Stored data entries:
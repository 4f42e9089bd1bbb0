-- ===== src/Sql/Like/Escape.antt =====
-- `like_escape` in the patterns that the queries build from it.
use mathlib.Core.List.{append_assoc}
use my_s.Common.{
  Text, [], ap, arith, codes, contains, false, if◌then◌else◌, map, nat_beq, refl, some, starts_with,
  true, ℕ, ◌&&◌, ◌++◌, ◌∙◌, ◌∷◌, ◌≡◌,
}
use my_s.Sql.Like.{
  any_run, backslash, compile, fold_case, like, like_escape, literal, match_run, matches, percent,
  underscore,
}

-- A text with its ASCII letters in lower case.
abbrev pub lower : Text → Text
lower = map fold_case

escape_char : ℕ → Text
escape_char c =
    if nat_beq c backslash
    then codes "\\\\"
    else if nat_beq c percent
    then codes "\\%"
    else if nat_beq c underscore
    then codes "\\_"
    else c ∷ []

like_escape-cons : (c : ℕ) (s : Text) → like_escape (c ∷ s) ≡ escape_char c ++ like_escape s
unfolding like_escape escape_char
like_escape-cons c s = ground arith

compile-escape_char :
    (c : ℕ) (p : Text)
    → compile (some backslash) false (escape_char c ++ p)
      ≡ literal c ∷ compile (some backslash) false p
unfolding compile escape_char
compile-escape_char c p = ground arith

-- An escaped text compiles to itself, character by character.
compile-like_escape :
    (s p : Text)
    → compile (some backslash) false (like_escape s ++ p)
      ≡ map literal s ++ compile (some backslash) false p
compile-like_escape [] p = unfold like_escape in refl
compile-like_escape (c ∷ s) p =
    rw (like_escape-cons, append_assoc, compile-escape_char, compile-like_escape s p)

match_run-nil : (s : Text) → match_run (matches []) s ≡ true
unfolding matches
match_run-nil [] = refl
match_run-nil (c ∷ s) = match_run-nil s

matches-literals :
    (p s : Text) → matches (map literal p ++ any_run ∷ []) s ≡ starts_with (lower p) (lower s)
unfolding matches starts_with
matches-literals [] s = match_run-nil s
matches-literals (c ∷ p) [] = refl
matches-literals (c ∷ p) (d ∷ s) =
    ap (λ b. nat_beq (fold_case c) (fold_case d) && b) (matches-literals p s)

compile-percent : compile (some backslash) false (percent ∷ []) ≡ any_run ∷ []
unfolding compile
compile-percent = refl

-- The pattern that the queries build from a prefix, `like_escape(prefix)` with `%` behind it,
-- matches exactly the texts that start with the prefix when ASCII case is ignored, whatever
-- special characters the prefix holds.
pub like-like_escape :
    (prefix s : Text)
    → like (some backslash) (like_escape prefix ++ percent ∷ []) s
      ≡ starts_with (lower prefix) (lower s)
unfolding like
like-like_escape prefix s = rw (compile-like_escape, compile-percent) (matches-literals prefix s)

match_run-literals :
    (q s : Text)
    → match_run (matches (map literal q ++ any_run ∷ [])) s ≡ contains (lower q) (lower s)
unfolding contains match_run
match_run-literals q [] = matches-literals q []
match_run-literals q (c ∷ s) = ground (arith, matches-literals q (c ∷ s), match_run-literals q s)

-- The pattern of the search, `%` on both sides of `like_escape(q)`, matches exactly the texts that
-- contain the query when ASCII case is ignored.
pub like-like_escape_search :
    (q s : Text)
    → like (some backslash) (percent ∷ (like_escape q ++ percent ∷ [])) s
      ≡ contains (lower q) (lower s)
unfolding like
like-like_escape_search q s =
    ap (λ ts. matches ts s) compile-search ∙ unfold matches in match_run-literals q s
  where
    compile-search :
        compile (some backslash) false (percent ∷ (like_escape q ++ percent ∷ []))
        ≡ any_run ∷ (map literal q ++ any_run ∷ [])
    compile-search =
        unfold compile in ap (λ ts. any_run ∷ ts) (compile-like_escape q (percent ∷ []))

**Exercise objective**
Your answer should repeat every entry exactly.

**Answer section**
repository 4f42e9089bd1bbb0
-- ===== src/Sql/Like/Escape.antt =====
-- `like_escape` in the patterns that the queries build from it.
use mathlib.Core.List.{append_assoc}
use my_s.Common.{
  Text, [], ap, arith, codes, contains, false, if◌then◌else◌, map, nat_beq, refl, some, starts_with,
  true, ℕ, ◌&&◌, ◌++◌, ◌∙◌, ◌∷◌, ◌≡◌,
}
use my_s.Sql.Like.{
  any_run, backslash, compile, fold_case, like, like_escape, literal, match_run, matches, percent,
  underscore,
}

-- A text with its ASCII letters in lower case.
abbrev pub lower : Text → Text
lower = map fold_case

escape_char : ℕ → Text
escape_char c =
    if nat_beq c backslash
    then codes "\\\\"
    else if nat_beq c percent
    then codes "\\%"
    else if nat_beq c underscore
    then codes "\\_"
    else c ∷ []

like_escape-cons : (c : ℕ) (s : Text) → like_escape (c ∷ s) ≡ escape_char c ++ like_escape s
unfolding like_escape escape_char
like_escape-cons c s = ground arith

compile-escape_char :
    (c : ℕ) (p : Text)
    → compile (some backslash) false (escape_char c ++ p)
      ≡ literal c ∷ compile (some backslash) false p
unfolding compile escape_char
compile-escape_char c p = ground arith

-- An escaped text compiles to itself, character by character.
compile-like_escape :
    (s p : Text)
    → compile (some backslash) false (like_escape s ++ p)
      ≡ map literal s ++ compile (some backslash) false p
compile-like_escape [] p = unfold like_escape in refl
compile-like_escape (c ∷ s) p =
    rw (like_escape-cons, append_assoc, compile-escape_char, compile-like_escape s p)

match_run-nil : (s : Text) → match_run (matches []) s ≡ true
unfolding matches
match_run-nil [] = refl
match_run-nil (c ∷ s) = match_run-nil s

matches-literals :
    (p s : Text) → matches (map literal p ++ any_run ∷ []) s ≡ starts_with (lower p) (lower s)
unfolding matches starts_with
matches-literals [] s = match_run-nil s
matches-literals (c ∷ p) [] = refl
matches-literals (c ∷ p) (d ∷ s) =
    ap (λ b. nat_beq (fold_case c) (fold_case d) && b) (matches-literals p s)

compile-percent : compile (some backslash) false (percent ∷ []) ≡ any_run ∷ []
unfolding compile
compile-percent = refl

-- The pattern that the queries build from a prefix, `like_escape(prefix)` with `%` behind it,
-- matches exactly the texts that start with the prefix when ASCII case is ignored, whatever
-- special characters the prefix holds.
pub like-like_escape :
    (prefix s : Text)
    → like (some backslash) (like_escape prefix ++ percent ∷ []) s
      ≡ starts_with (lower prefix) (lower s)
unfolding like
like-like_escape prefix s = rw (compile-like_escape, compile-percent) (matches-literals prefix s)

match_run-literals :
    (q s : Text)
    → match_run (matches (map literal q ++ any_run ∷ [])) s ≡ contains (lower q) (lower s)
unfolding contains match_run
match_run-literals q [] = matches-literals q []
match_run-literals q (c ∷ s) = ground (arith, matches-literals q (c ∷ s), match_run-literals q s)

-- The pattern of the search, `%` on both sides of `like_escape(q)`, matches exactly the texts that
-- contain the query when ASCII case is ignored.
pub like-like_escape_search :
    (q s : Text)
    → like (some backslash) (percent ∷ (like_escape q ++ percent ∷ [])) s
      ≡ contains (lower q) (lower s)
unfolding like
like-like_escape_search q s =
    ap (λ ts. matches ts s) compile-search ∙ unfold matches in match_run-literals q s
  where
    compile-search :
        compile (some backslash) false (percent ∷ (like_escape q ++ percent ∷ []))
        ≡ any_run ∷ (map literal q ++ any_run ∷ [])
    compile-search =
        unfold compile in ap (λ ts. any_run ∷ ts) (compile-like_escape q (percent ∷ []))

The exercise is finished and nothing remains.